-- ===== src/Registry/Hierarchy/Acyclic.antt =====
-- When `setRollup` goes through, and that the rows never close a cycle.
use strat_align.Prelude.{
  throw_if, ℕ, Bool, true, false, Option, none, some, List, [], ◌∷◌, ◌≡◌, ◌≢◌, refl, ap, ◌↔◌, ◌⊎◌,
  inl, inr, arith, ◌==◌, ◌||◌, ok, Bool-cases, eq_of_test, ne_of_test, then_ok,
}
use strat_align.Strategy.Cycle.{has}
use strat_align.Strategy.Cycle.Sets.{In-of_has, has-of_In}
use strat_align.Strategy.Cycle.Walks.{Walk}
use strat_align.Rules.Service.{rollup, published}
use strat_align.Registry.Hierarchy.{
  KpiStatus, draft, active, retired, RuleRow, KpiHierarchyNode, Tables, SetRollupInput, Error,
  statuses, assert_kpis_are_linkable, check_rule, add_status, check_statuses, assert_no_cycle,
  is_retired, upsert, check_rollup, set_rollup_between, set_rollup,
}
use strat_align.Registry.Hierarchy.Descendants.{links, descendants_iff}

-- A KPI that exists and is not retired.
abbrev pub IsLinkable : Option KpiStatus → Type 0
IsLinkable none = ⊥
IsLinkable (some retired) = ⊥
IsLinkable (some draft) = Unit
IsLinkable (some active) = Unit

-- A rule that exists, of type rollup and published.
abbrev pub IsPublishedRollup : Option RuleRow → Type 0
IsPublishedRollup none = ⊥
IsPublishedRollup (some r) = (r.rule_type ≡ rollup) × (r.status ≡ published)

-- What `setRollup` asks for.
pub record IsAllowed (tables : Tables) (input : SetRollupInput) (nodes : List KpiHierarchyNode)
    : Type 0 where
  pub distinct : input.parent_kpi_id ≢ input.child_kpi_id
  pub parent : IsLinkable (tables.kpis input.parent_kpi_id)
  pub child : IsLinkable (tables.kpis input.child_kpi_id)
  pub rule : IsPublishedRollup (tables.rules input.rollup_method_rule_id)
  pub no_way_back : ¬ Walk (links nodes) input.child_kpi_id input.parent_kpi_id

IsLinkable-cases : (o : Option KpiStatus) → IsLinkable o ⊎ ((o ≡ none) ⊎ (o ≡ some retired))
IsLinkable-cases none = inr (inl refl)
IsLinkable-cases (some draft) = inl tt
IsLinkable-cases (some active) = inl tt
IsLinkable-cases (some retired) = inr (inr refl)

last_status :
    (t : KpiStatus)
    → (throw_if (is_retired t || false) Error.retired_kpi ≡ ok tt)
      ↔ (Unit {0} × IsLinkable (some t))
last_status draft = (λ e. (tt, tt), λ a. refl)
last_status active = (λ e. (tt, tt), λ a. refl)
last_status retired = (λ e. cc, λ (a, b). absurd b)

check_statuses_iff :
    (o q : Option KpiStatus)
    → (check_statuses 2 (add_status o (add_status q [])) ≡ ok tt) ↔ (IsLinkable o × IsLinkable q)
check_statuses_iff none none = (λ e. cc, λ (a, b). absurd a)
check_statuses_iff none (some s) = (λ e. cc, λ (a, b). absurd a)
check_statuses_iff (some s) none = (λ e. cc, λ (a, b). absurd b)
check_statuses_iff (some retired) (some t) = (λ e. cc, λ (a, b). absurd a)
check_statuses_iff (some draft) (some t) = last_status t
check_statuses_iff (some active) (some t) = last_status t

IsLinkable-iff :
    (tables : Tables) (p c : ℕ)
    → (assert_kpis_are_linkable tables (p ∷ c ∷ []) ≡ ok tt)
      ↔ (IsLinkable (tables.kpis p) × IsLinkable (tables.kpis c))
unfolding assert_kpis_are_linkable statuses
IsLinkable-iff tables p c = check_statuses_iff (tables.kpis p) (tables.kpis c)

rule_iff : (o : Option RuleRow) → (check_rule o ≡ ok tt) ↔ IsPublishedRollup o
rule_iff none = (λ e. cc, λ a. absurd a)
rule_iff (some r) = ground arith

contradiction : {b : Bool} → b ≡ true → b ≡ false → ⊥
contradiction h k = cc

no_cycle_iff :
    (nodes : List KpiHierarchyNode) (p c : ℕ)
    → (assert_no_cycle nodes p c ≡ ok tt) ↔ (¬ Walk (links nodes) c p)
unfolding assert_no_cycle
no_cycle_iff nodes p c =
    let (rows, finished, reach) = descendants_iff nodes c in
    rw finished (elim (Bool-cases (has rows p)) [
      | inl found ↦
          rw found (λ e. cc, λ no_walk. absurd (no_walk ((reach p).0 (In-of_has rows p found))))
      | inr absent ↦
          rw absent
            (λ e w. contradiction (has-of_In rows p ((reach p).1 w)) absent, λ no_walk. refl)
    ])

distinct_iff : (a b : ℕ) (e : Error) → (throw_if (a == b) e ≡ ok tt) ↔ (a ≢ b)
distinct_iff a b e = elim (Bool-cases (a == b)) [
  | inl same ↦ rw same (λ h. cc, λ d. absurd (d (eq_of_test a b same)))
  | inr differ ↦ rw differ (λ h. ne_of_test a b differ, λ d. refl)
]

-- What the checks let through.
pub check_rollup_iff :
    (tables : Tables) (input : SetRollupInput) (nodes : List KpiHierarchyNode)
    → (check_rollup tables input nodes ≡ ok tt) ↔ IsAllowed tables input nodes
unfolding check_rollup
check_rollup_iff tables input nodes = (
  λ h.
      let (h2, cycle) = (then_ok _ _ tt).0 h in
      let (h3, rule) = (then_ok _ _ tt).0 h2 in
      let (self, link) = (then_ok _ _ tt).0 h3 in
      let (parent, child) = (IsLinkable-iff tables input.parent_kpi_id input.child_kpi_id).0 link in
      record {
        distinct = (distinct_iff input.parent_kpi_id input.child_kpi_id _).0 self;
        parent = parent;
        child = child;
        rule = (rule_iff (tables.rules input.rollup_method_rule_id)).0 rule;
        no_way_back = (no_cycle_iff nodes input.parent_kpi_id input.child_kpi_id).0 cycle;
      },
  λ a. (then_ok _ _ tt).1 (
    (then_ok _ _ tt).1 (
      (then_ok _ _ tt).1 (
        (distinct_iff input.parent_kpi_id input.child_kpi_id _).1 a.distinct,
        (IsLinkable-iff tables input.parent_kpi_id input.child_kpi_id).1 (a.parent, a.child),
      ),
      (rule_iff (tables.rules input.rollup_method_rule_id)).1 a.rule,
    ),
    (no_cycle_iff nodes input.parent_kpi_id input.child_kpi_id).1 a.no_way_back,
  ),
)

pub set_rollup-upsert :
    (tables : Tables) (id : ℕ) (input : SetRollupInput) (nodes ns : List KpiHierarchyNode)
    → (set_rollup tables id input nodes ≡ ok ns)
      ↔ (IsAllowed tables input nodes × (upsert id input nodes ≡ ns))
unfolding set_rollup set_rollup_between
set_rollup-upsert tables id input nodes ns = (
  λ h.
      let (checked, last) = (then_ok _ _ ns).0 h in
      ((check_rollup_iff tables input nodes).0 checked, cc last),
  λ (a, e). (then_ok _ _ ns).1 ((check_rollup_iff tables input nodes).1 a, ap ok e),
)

■ ■ ■

• **Task description**: Repeat all the material, keeping each line identical.

• **Worked solution**:
-- ===== src/Registry/Hierarchy/Acyclic.antt =====
-- When `setRollup` goes through, and that the rows never close a cycle.
use strat_align.Prelude.{
  throw_if, ℕ, Bool, true, false, Option, none, some, List, [], ◌∷◌, ◌≡◌, ◌≢◌, refl, ap, ◌↔◌, ◌⊎◌,
  inl, inr, arith, ◌==◌, ◌||◌, ok, Bool-cases, eq_of_test, ne_of_test, then_ok,
}
use strat_align.Strategy.Cycle.{has}
use strat_align.Strategy.Cycle.Sets.{In-of_has, has-of_In}
use strat_align.Strategy.Cycle.Walks.{Walk}
use strat_align.Rules.Service.{rollup, published}
use strat_align.Registry.Hierarchy.{
  KpiStatus, draft, active, retired, RuleRow, KpiHierarchyNode, Tables, SetRollupInput, Error,
  statuses, assert_kpis_are_linkable, check_rule, add_status, check_statuses, assert_no_cycle,
  is_retired, upsert, check_rollup, set_rollup_between, set_rollup,
}
use strat_align.Registry.Hierarchy.Descendants.{links, descendants_iff}

-- A KPI that exists and is not retired.
abbrev pub IsLinkable : Option KpiStatus → Type 0
IsLinkable none = ⊥
IsLinkable (some retired) = ⊥
IsLinkable (some draft) = Unit
IsLinkable (some active) = Unit

-- A rule that exists, of type rollup and published.
abbrev pub IsPublishedRollup : Option RuleRow → Type 0
IsPublishedRollup none = ⊥
IsPublishedRollup (some r) = (r.rule_type ≡ rollup) × (r.status ≡ published)

-- What `setRollup` asks for.
pub record IsAllowed (tables : Tables) (input : SetRollupInput) (nodes : List KpiHierarchyNode)
    : Type 0 where
  pub distinct : input.parent_kpi_id ≢ input.child_kpi_id
  pub parent : IsLinkable (tables.kpis input.parent_kpi_id)
  pub child : IsLinkable (tables.kpis input.child_kpi_id)
  pub rule : IsPublishedRollup (tables.rules input.rollup_method_rule_id)
  pub no_way_back : ¬ Walk (links nodes) input.child_kpi_id input.parent_kpi_id

IsLinkable-cases : (o : Option KpiStatus) → IsLinkable o ⊎ ((o ≡ none) ⊎ (o ≡ some retired))
IsLinkable-cases none = inr (inl refl)
IsLinkable-cases (some draft) = inl tt
IsLinkable-cases (some active) = inl tt
IsLinkable-cases (some retired) = inr (inr refl)

last_status :
    (t : KpiStatus)
    → (throw_if (is_retired t || false) Error.retired_kpi ≡ ok tt)
      ↔ (Unit {0} × IsLinkable (some t))
last_status draft = (λ e. (tt, tt), λ a. refl)
last_status active = (λ e. (tt, tt), λ a. refl)
last_status retired = (λ e. cc, λ (a, b). absurd b)

check_statuses_iff :
    (o q : Option KpiStatus)
    → (check_statuses 2 (add_status o (add_status q [])) ≡ ok tt) ↔ (IsLinkable o × IsLinkable q)
check_statuses_iff none none = (λ e. cc, λ (a, b). absurd a)
check_statuses_iff none (some s) = (λ e. cc, λ (a, b). absurd a)
check_statuses_iff (some s) none = (λ e. cc, λ (a, b). absurd b)
check_statuses_iff (some retired) (some t) = (λ e. cc, λ (a, b). absurd a)
check_statuses_iff (some draft) (some t) = last_status t
check_statuses_iff (some active) (some t) = last_status t

IsLinkable-iff :
    (tables : Tables) (p c : ℕ)
    → (assert_kpis_are_linkable tables (p ∷ c ∷ []) ≡ ok tt)
      ↔ (IsLinkable (tables.kpis p) × IsLinkable (tables.kpis c))
unfolding assert_kpis_are_linkable statuses
IsLinkable-iff tables p c = check_statuses_iff (tables.kpis p) (tables.kpis c)

rule_iff : (o : Option RuleRow) → (check_rule o ≡ ok tt) ↔ IsPublishedRollup o
rule_iff none = (λ e. cc, λ a. absurd a)
rule_iff (some r) = ground arith

contradiction : {b : Bool} → b ≡ true → b ≡ false → ⊥
contradiction h k = cc

no_cycle_iff :
    (nodes : List KpiHierarchyNode) (p c : ℕ)
    → (assert_no_cycle nodes p c ≡ ok tt) ↔ (¬ Walk (links nodes) c p)
unfolding assert_no_cycle
no_cycle_iff nodes p c =
    let (rows, finished, reach) = descendants_iff nodes c in
    rw finished (elim (Bool-cases (has rows p)) [
      | inl found ↦
          rw found (λ e. cc, λ no_walk. absurd (no_walk ((reach p).0 (In-of_has rows p found))))
      | inr absent ↦
          rw absent
            (λ e w. contradiction (has-of_In rows p ((reach p).1 w)) absent, λ no_walk. refl)
    ])

distinct_iff : (a b : ℕ) (e : Error) → (throw_if (a == b) e ≡ ok tt) ↔ (a ≢ b)
distinct_iff a b e = elim (Bool-cases (a == b)) [
  | inl same ↦ rw same (λ h. cc, λ d. absurd (d (eq_of_test a b same)))
  | inr differ ↦ rw differ (λ h. ne_of_test a b differ, λ d. refl)
]

-- What the checks let through.
pub check_rollup_iff :
    (tables : Tables) (input : SetRollupInput) (nodes : List KpiHierarchyNode)
    → (check_rollup tables input nodes ≡ ok tt) ↔ IsAllowed tables input nodes
unfolding check_rollup
check_rollup_iff tables input nodes = (
  λ h.
      let (h2, cycle) = (then_ok _ _ tt).0 h in
      let (h3, rule) = (then_ok _ _ tt).0 h2 in
      let (self, link) = (then_ok _ _ tt).0 h3 in
      let (parent, child) = (IsLinkable-iff tables input.parent_kpi_id input.child_kpi_id).0 link in
      record {
        distinct = (distinct_iff input.parent_kpi_id input.child_kpi_id _).0 self;
        parent = parent;
        child = child;
        rule = (rule_iff (tables.rules input.rollup_method_rule_id)).0 rule;
        no_way_back = (no_cycle_iff nodes input.parent_kpi_id input.child_kpi_id).0 cycle;
      },
  λ a. (then_ok _ _ tt).1 (
    (then_ok _ _ tt).1 (
      (then_ok _ _ tt).1 (
        (distinct_iff input.parent_kpi_id input.child_kpi_id _).1 a.distinct,
        (IsLinkable-iff tables input.parent_kpi_id input.child_kpi_id).1 (a.parent, a.child),
      ),
      (rule_iff (tables.rules input.rollup_method_rule_id)).1 a.rule,
    ),
    (no_cycle_iff nodes input.parent_kpi_id input.child_kpi_id).1 a.no_way_back,
  ),
)

pub set_rollup-upsert :
    (tables : Tables) (id : ℕ) (input : SetRollupInput) (nodes ns : List KpiHierarchyNode)
    → (set_rollup tables id input nodes ≡ ok ns)
      ↔ (IsAllowed tables input nodes × (upsert id input nodes ≡ ns))
unfolding set_rollup set_rollup_between
set_rollup-upsert tables id input nodes ns = (
  λ h.
      let (checked, last) = (then_ok _ _ ns).0 h in
      ((check_rollup_iff tables input nodes).0 checked, cc last),
  λ (a, e). (then_ok _ _ ns).1 ((check_rollup_iff tables input nodes).1 a, ap ok e),
)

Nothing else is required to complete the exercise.